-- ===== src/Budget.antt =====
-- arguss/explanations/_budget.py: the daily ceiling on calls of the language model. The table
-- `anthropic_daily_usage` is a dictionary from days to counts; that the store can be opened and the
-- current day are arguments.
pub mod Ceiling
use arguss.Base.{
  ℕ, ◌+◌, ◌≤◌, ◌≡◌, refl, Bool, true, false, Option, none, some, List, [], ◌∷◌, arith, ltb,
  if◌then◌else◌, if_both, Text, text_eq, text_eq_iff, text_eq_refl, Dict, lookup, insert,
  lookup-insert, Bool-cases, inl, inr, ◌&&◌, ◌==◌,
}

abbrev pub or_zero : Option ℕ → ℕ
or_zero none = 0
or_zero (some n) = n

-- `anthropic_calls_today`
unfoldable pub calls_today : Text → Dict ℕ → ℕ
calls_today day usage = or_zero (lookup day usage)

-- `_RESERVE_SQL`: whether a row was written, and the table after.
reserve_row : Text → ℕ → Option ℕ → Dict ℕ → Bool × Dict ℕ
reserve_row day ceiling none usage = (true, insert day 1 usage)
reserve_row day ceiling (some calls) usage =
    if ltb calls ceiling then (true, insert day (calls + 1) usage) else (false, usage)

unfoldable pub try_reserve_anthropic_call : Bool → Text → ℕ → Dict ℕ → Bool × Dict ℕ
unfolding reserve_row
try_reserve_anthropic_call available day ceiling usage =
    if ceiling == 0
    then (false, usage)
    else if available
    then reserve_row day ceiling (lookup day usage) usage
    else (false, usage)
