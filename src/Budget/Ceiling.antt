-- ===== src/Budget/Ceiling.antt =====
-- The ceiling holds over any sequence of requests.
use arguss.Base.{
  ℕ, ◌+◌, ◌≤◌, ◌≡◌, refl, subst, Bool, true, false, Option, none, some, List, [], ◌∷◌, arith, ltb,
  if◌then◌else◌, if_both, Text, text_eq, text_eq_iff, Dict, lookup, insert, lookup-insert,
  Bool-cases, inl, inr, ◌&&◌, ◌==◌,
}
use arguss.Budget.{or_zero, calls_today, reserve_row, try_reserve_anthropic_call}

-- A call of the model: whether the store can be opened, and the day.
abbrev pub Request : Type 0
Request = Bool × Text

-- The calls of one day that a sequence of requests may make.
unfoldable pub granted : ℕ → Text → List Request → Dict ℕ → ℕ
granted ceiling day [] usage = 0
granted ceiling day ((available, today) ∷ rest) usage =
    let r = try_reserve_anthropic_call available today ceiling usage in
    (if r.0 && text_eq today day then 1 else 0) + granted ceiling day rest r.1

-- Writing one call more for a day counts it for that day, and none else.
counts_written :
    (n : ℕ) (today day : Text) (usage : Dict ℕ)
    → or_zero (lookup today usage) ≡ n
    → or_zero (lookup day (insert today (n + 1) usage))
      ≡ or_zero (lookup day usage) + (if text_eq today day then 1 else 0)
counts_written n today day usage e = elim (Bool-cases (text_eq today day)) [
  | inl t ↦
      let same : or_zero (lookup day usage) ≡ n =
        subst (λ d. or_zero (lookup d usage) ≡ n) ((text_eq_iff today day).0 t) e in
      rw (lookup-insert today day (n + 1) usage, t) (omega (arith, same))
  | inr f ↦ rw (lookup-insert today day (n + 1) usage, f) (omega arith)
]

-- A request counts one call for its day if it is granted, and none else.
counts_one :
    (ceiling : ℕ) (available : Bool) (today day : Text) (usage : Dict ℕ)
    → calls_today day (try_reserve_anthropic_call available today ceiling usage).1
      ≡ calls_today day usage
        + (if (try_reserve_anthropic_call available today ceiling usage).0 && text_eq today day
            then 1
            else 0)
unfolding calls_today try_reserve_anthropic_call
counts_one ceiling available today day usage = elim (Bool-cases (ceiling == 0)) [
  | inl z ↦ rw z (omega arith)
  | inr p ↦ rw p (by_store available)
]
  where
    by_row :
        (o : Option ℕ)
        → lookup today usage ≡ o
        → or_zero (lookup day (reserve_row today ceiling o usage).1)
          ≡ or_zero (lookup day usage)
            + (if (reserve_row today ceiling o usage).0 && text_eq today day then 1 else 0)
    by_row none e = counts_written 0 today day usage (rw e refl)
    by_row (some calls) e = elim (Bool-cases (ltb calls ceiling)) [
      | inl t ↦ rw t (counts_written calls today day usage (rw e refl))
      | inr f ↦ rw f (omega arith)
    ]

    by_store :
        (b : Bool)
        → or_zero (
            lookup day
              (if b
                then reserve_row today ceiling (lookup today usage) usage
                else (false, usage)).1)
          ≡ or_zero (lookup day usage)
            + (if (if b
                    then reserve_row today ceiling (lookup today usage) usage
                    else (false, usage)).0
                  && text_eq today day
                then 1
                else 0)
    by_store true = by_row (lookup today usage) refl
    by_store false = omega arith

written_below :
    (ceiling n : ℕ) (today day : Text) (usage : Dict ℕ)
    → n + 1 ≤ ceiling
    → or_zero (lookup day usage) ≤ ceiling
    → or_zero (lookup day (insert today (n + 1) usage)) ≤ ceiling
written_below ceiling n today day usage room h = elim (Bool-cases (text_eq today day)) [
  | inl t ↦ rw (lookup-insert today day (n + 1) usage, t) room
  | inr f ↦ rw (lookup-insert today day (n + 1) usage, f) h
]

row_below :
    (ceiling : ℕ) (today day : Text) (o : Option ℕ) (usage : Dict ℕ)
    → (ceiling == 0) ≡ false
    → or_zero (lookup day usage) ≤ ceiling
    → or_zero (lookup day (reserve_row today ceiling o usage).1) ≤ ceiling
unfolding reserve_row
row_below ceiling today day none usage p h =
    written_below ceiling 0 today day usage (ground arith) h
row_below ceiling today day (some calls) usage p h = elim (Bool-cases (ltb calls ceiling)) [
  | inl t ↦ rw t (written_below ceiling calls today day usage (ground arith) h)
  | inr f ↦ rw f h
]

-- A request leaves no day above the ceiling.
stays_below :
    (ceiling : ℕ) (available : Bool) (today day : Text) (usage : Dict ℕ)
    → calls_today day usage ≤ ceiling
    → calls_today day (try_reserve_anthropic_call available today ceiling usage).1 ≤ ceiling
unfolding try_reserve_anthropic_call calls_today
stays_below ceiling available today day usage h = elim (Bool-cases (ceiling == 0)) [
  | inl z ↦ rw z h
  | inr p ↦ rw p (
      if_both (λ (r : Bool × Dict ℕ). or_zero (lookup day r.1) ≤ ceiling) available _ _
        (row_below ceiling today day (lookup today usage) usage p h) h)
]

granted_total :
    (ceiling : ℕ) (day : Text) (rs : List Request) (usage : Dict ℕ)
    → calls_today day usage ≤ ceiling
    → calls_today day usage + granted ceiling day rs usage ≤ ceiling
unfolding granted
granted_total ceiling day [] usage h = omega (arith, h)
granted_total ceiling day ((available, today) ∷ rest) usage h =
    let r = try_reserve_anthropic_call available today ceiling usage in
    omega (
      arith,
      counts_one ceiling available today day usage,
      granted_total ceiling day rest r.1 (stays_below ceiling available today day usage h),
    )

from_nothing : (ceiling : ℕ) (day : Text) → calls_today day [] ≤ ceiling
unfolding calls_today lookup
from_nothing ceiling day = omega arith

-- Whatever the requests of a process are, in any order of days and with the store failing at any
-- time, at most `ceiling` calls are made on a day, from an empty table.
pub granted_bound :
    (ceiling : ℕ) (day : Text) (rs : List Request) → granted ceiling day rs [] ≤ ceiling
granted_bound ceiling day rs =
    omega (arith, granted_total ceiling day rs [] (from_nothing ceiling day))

◆ How to complete this task:
Give an exact repetition of all the material.

◆ Response to the task:
-- ===== src/Budget.antt =====
-- arguss/explanations/_budget.py: the daily ceiling on calls of the language model. The table
-- `anthropic_daily_usage` is a dictionary from days to counts; that the store can be opened and the
-- current day are arguments.
pub mod Ceiling
use arguss.Base.{
  ℕ, ◌+◌, ◌≤◌, ◌≡◌, refl, Bool, true, false, Option, none, some, List, [], ◌∷◌, arith, ltb,
  if◌then◌else◌, if_both, Text, text_eq, text_eq_iff, text_eq_refl, Dict, lookup, insert,
  lookup-insert, Bool-cases, inl, inr, ◌&&◌, ◌==◌,
}

abbrev pub or_zero : Option ℕ → ℕ
or_zero none = 0
or_zero (some n) = n

-- `anthropic_calls_today`
unfoldable pub calls_today : Text → Dict ℕ → ℕ
calls_today day usage = or_zero (lookup day usage)

-- `_RESERVE_SQL`: whether a row was written, and the table after.
reserve_row : Text → ℕ → Option ℕ → Dict ℕ → Bool × Dict ℕ
reserve_row day ceiling none usage = (true, insert day 1 usage)
reserve_row day ceiling (some calls) usage =
    if ltb calls ceiling then (true, insert day (calls + 1) usage) else (false, usage)

unfoldable pub try_reserve_anthropic_call : Bool → Text → ℕ → Dict ℕ → Bool × Dict ℕ
unfolding reserve_row
try_reserve_anthropic_call available day ceiling usage =
    if ceiling == 0
    then (false, usage)
    else if available
    then reserve_row day ceiling (lookup day usage) usage
    else (false, usage)
filename src/Budget/Ceiling.antt
-- ===== src/Budget/Ceiling.antt =====
-- The ceiling holds over any sequence of requests.
use arguss.Base.{
  ℕ, ◌+◌, ◌≤◌, ◌≡◌, refl, subst, Bool, true, false, Option, none, some, List, [], ◌∷◌, arith, ltb,
  if◌then◌else◌, if_both, Text, text_eq, text_eq_iff, Dict, lookup, insert, lookup-insert,
  Bool-cases, inl, inr, ◌&&◌, ◌==◌,
}
use arguss.Budget.{or_zero, calls_today, reserve_row, try_reserve_anthropic_call}

-- A call of the model: whether the store can be opened, and the day.
abbrev pub Request : Type 0
Request = Bool × Text

-- The calls of one day that a sequence of requests may make.
unfoldable pub granted : ℕ → Text → List Request → Dict ℕ → ℕ
granted ceiling day [] usage = 0
granted ceiling day ((available, today) ∷ rest) usage =
    let r = try_reserve_anthropic_call available today ceiling usage in
    (if r.0 && text_eq today day then 1 else 0) + granted ceiling day rest r.1

-- Writing one call more for a day counts it for that day, and none else.
counts_written :
    (n : ℕ) (today day : Text) (usage : Dict ℕ)
    → or_zero (lookup today usage) ≡ n
    → or_zero (lookup day (insert today (n + 1) usage))
      ≡ or_zero (lookup day usage) + (if text_eq today day then 1 else 0)
counts_written n today day usage e = elim (Bool-cases (text_eq today day)) [
  | inl t ↦
      let same : or_zero (lookup day usage) ≡ n =
        subst (λ d. or_zero (lookup d usage) ≡ n) ((text_eq_iff today day).0 t) e in
      rw (lookup-insert today day (n + 1) usage, t) (omega (arith, same))
  | inr f ↦ rw (lookup-insert today day (n + 1) usage, f) (omega arith)
]

-- A request counts one call for its day if it is granted, and none else.
counts_one :
    (ceiling : ℕ) (available : Bool) (today day : Text) (usage : Dict ℕ)
    → calls_today day (try_reserve_anthropic_call available today ceiling usage).1
      ≡ calls_today day usage
        + (if (try_reserve_anthropic_call available today ceiling usage).0 && text_eq today day
            then 1
            else 0)
unfolding calls_today try_reserve_anthropic_call
counts_one ceiling available today day usage = elim (Bool-cases (ceiling == 0)) [
  | inl z ↦ rw z (omega arith)
  | inr p ↦ rw p (by_store available)
]
  where
    by_row :
        (o : Option ℕ)
        → lookup today usage ≡ o
        → or_zero (lookup day (reserve_row today ceiling o usage).1)
          ≡ or_zero (lookup day usage)
            + (if (reserve_row today ceiling o usage).0 && text_eq today day then 1 else 0)
    by_row none e = counts_written 0 today day usage (rw e refl)
    by_row (some calls) e = elim (Bool-cases (ltb calls ceiling)) [
      | inl t ↦ rw t (counts_written calls today day usage (rw e refl))
      | inr f ↦ rw f (omega arith)
    ]

    by_store :
        (b : Bool)
        → or_zero (
            lookup day
              (if b
                then reserve_row today ceiling (lookup today usage) usage
                else (false, usage)).1)
          ≡ or_zero (lookup day usage)
            + (if (if b
                    then reserve_row today ceiling (lookup today usage) usage
                    else (false, usage)).0
                  && text_eq today day
                then 1
                else 0)
    by_store true = by_row (lookup today usage) refl
    by_store false = omega arith

written_below :
    (ceiling n : ℕ) (today day : Text) (usage : Dict ℕ)
    → n + 1 ≤ ceiling
    → or_zero (lookup day usage) ≤ ceiling
    → or_zero (lookup day (insert today (n + 1) usage)) ≤ ceiling
written_below ceiling n today day usage room h = elim (Bool-cases (text_eq today day)) [
  | inl t ↦ rw (lookup-insert today day (n + 1) usage, t) room
  | inr f ↦ rw (lookup-insert today day (n + 1) usage, f) h
]

row_below :
    (ceiling : ℕ) (today day : Text) (o : Option ℕ) (usage : Dict ℕ)
    → (ceiling == 0) ≡ false
    → or_zero (lookup day usage) ≤ ceiling
    → or_zero (lookup day (reserve_row today ceiling o usage).1) ≤ ceiling
unfolding reserve_row
row_below ceiling today day none usage p h =
    written_below ceiling 0 today day usage (ground arith) h
row_below ceiling today day (some calls) usage p h = elim (Bool-cases (ltb calls ceiling)) [
  | inl t ↦ rw t (written_below ceiling calls today day usage (ground arith) h)
  | inr f ↦ rw f h
]

-- A request leaves no day above the ceiling.
stays_below :
    (ceiling : ℕ) (available : Bool) (today day : Text) (usage : Dict ℕ)
    → calls_today day usage ≤ ceiling
    → calls_today day (try_reserve_anthropic_call available today ceiling usage).1 ≤ ceiling
unfolding try_reserve_anthropic_call calls_today
stays_below ceiling available today day usage h = elim (Bool-cases (ceiling == 0)) [
  | inl z ↦ rw z h
  | inr p ↦ rw p (
      if_both (λ (r : Bool × Dict ℕ). or_zero (lookup day r.1) ≤ ceiling) available _ _
        (row_below ceiling today day (lookup today usage) usage p h) h)
]

granted_total :
    (ceiling : ℕ) (day : Text) (rs : List Request) (usage : Dict ℕ)
    → calls_today day usage ≤ ceiling
    → calls_today day usage + granted ceiling day rs usage ≤ ceiling
unfolding granted
granted_total ceiling day [] usage h = omega (arith, h)
granted_total ceiling day ((available, today) ∷ rest) usage h =
    let r = try_reserve_anthropic_call available today ceiling usage in
    omega (
      arith,
      counts_one ceiling available today day usage,
      granted_total ceiling day rest r.1 (stays_below ceiling available today day usage h),
    )

from_nothing : (ceiling : ℕ) (day : Text) → calls_today day [] ≤ ceiling
unfolding calls_today lookup
from_nothing ceiling day = omega arith

-- Whatever the requests of a process are, in any order of days and with the store failing at any
-- time, at most `ceiling` calls are made on a day, from an empty table.
pub granted_bound :
    (ceiling : ℕ) (day : Text) (rs : List Request) → granted ceiling day rs [] ≤ ceiling
granted_bound ceiling day rs =
    omega (arith, granted_total ceiling day rs [] (from_nothing ceiling day))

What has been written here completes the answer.